MATERIALS PROVIDED:

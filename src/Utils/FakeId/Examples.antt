-- ===== src/Utils/FakeId/Examples.antt =====
-- Runs of utils/yl_hash_id.go.
use zhiya.Prelude.{◌-◌, ◌^◌, ◌≡◌, ◌<◌, ◌↔◌, refl, arith, map}
use zhiya.Utils.FakeId.Base36.{format_int, to_upper, parse_uint}
use zhiya.Utils.FakeId.RoundTrip.{decode-encode_iff}
use zhiya.Utils.FakeId.Digits.{IsDigitCount, octal_digits-IsDigitCount}
use zhiya.Utils.FakeId.Strconv.{parse_uint-format_int}
use zhiya.Utils.FakeId.Fuel.{CountEnds, MixEnds, DemixEnds, loops_end}
use zhiya.Utils.FakeId.{
  mix, octal_digits, mix_loop, group, set_version, get_version, demix, demix_loop, fake_id_encode,
  fake_id_decode,
}

program : Unit {0}
unfolding mix octal_digits mix_loop group set_version get_version demix demix_loop fake_id_encode
    fake_id_decode format_int to_upper parse_uint
program = tt

back : fake_id_decode (fake_id_encode 123456) ≡ 123456
unfolding program
back = refl

lost : fake_id_decode (fake_id_encode (2 ^ 50)) ≡ 0
unfolding program
lost = refl

big : fake_id_decode (fake_id_encode (2 ^ 50 - 1)) ≡ 2 ^ 50 - 1
unfolding program
big = refl

decode-encode_example : (fake_id_decode (fake_id_encode 123456) ≡ 123456) ↔ (123456 < 2 ^ 50)
decode-encode_example = decode-encode_iff 123456

octal_digits_example : IsDigitCount 511 (octal_digits 511)
octal_digits_example = octal_digits-IsDigitCount 511 (omega arith)

parse_uint-format_int_example : parse_uint (map to_upper (format_int 1295)) ≡ 1295
parse_uint-format_int_example = parse_uint-format_int 1295 (omega arith)

loops_end_example :
    CountEnds 123456 0 (octal_digits 123456)
    × MixEnds 7 1 123456 (octal_digits 123456) 0 0 (mix_loop 5 1 123456 7 (octal_digits 123456) 0 0)
    × DemixEnds 123456 0 0 (demix_loop 4 123456 0 0)
loops_end_example = loops_end 123456 1 7 (omega arith)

WHAT TO DO:
Read the records above. Show each line that has the string "Examples".

YOUR SOLUTION:
filename src/Utils/FakeId/Examples.antt
-- ===== src/Utils/FakeId/Examples.antt =====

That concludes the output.